- Aim of the task
Give only the number of lines in the records that contain the word "none".
- - -
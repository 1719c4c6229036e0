-- ===== src/Workspace/Moves.antt =====
-- What the operations of the workspace tree keep (app/services/workspace/file_ops.py).
use qtable_server.Base.{
  ◌+◌, String, Bool, true, false, Option, none, some, ◌≡◌, refl, sym, ap, ◌∙◌, arith, inl, inr,
  ◌==◌, string_eq, Bool-cases, Option-cases,
}
use qtable_server.Base.Result.{ok, ok_inj}
use qtable_server.Workspace.{
  Node, folder, table, dashboard, Nodes, Workspace, find_node, detach, append_child, is_folder,
  is_table, takes_child, add_child, create_item, move_item, reattach, is_default_workspace,
  set_name, rename_item,
}
use qtable_server.Workspace.Count.{
  count, node_count, count-snoc, append_child-count, update_node-count, update_node-absent,
  detach-count,
}

-- Appending a node below a parent that takes it adds its ids to the tree.
add_child-count :
    (k : String) (p : Node → Bool) (ws : Workspace) (parent_id : String) (n : Node)
    → ((c : Node) → p c ≡ true → is_table c ≡ false)
    → takes_child p ws parent_id ≡ true
    → count k (add_child ws parent_id n).children ≡ count k ws.children + node_count k n
unfolding add_child
add_child-count k p ws parent_id n no_table takes = elim (Bool-cases (ws.root_id == parent_id)) [
  | inl at_root ↦ rw at_root (count-snoc k ws.children n)
  | inr below ↦ elim (Option-cases (find_node ws.children parent_id)) [
    | inl gone ↦ absurd (cc (rw (below, gone) at takes))
    | inr (c, found) ↦
        let (cs', e, grown) =
          update_node-count k (append_child n) (node_count k n) ws.children parent_id c found
            (append_child-count k n c (no_table c (rw (below, found) at takes))) in
        rw below (rw e grown)
  ]
]

folder_no_table : (c : Node) → is_folder c ≡ true → is_table c ≡ false
folder_no_table (folder id name cs) h = refl
folder_no_table (table id name v) h = cc
folder_no_table (dashboard id name cs) h = refl

-- A creation that returns adds the new node to the tree and takes none away: every id occurs as
-- often as before, and once more where it is the new node's.
pub create_item-count :
    (ws ws' : Workspace) (n n' : Node) (parent_id : String) (workspace_id : Option String)
    (k : String)
    → create_item ws n parent_id workspace_id ≡ ok (ws', n')
    → (n' ≡ n) × (count k ws'.children ≡ count k ws.children + node_count k n)
unfolding create_item
create_item-count ws ws' n n' parent_id workspace_id k h =
    elim (Bool-cases (is_default_workspace workspace_id)) [
      | inr other ↦ absurd (cc (rw other at h))
      | inl ours ↦ elim (Bool-cases (takes_child is_folder ws parent_id)) [
        | inr refused ↦ absurd (cc (rw (ours, refused) at h))
        | inl accepted ↦
            let made : (add_child ws parent_id n, n) ≡ (ws', n') =
              ok_inj (rw (ours, accepted) at h) in
            (
              sym (ap (λ p. p.1) made),
              sym (ap (λ p. count k p.0.children) made)
                  ∙ add_child-count k is_folder ws parent_id n folder_no_table accepted,
            )
      ]
    ]

-- Moving an item to a parent that is the root, or a folder outside the moved item, keeps every
-- node: each id occurs in the tree as often as before.
pub move_item-count :
    (ws : Workspace) (item_id new_parent_id : String) (workspace_id : Option String) (n : Node)
    (rest : Nodes) (k : String)
    → detach ws.children item_id ≡ some (n, rest)
    → takes_child is_folder (record ws { children = rest }) new_parent_id ≡ true
    → count k (move_item ws item_id new_parent_id workspace_id).0.children ≡ count k ws.children
unfolding move_item reattach
move_item-count ws item_id new_parent_id workspace_id n rest k found takes =
    elim (Bool-cases (is_default_workspace workspace_id)) [
      | inr other ↦ rw other refl
      | inl ours ↦ elim (Bool-cases (takes_child is_folder ws new_parent_id)) [
        | inr refused ↦ rw (ours, refused) refl
        | inl accepted ↦
            rw (ours, accepted)
              (rw found (
                add_child-count k is_folder (record ws { children = rest }) new_parent_id n
                  folder_no_table takes
                ∙ sym (detach-count k ws.children item_id n rest found)))
      ]
    ]

-- Moving an item to a folder inside itself takes the item and all that is below it out of the
-- tree, and reports success: the new parent is accepted, and is not in the tree that is left.
pub move_item-lost :
    (ws : Workspace) (item_id new_parent_id : String) (n : Node) (rest : Nodes) (k : String)
    → detach ws.children item_id ≡ some (n, rest)
    → takes_child is_folder ws new_parent_id ≡ true
    → (ws.root_id == new_parent_id) ≡ false
    → find_node rest new_parent_id ≡ none
    → ((move_item ws item_id new_parent_id none).1 ≡ true)
      × (count k (move_item ws item_id new_parent_id none).0.children + node_count k n
          ≡ count k ws.children)
unfolding move_item reattach is_default_workspace add_child
move_item-lost ws item_id new_parent_id n rest k found accepted below gone =
    rw (accepted, found)
      (rw below (
        rw (update_node-absent (append_child n) rest new_parent_id gone)
          (refl, sym (detach-count k ws.children item_id n rest found))))

set_name-count : (k name : String) (c : Node) → node_count k (set_name name c) ≡ node_count k c + 0
unfolding set_name node_count
set_name-count k name (folder id old cs) = omega arith
set_name-count k name (table id old v) = omega arith
set_name-count k name (dashboard id old cs) = omega arith

-- Renaming keeps every node where it is: each id occurs as often as before.
pub rename_item-count :
    (ws : Workspace) (item_id name : String) (workspace_id : Option String) (k : String)
    → count k (rename_item ws item_id name workspace_id).0.children ≡ count k ws.children
unfolding rename_item
rename_item-count ws item_id name workspace_id k =
    elim (Bool-cases (is_default_workspace workspace_id)) [
      | inr other ↦ rw other refl
      | inl ours ↦ elim (Bool-cases (ws.root_id == item_id)) [
        | inl root ↦ rw (ours, root) refl
        | inr below ↦ elim (Option-cases (find_node ws.children item_id)) [
          | inl gone ↦
              rw (ours, below, update_node-absent (set_name name) ws.children item_id gone) refl
          | inr (c, found) ↦
              let (cs', e, same) =
                update_node-count k (set_name name) 0 ws.children item_id c found
                  (set_name-count k name c) in
              let back : count k cs' ≡ count k ws.children = omega (arith, same) in
              rw (ours, below, e) back
        ]
      ]
    ]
- - -
- Task solution
5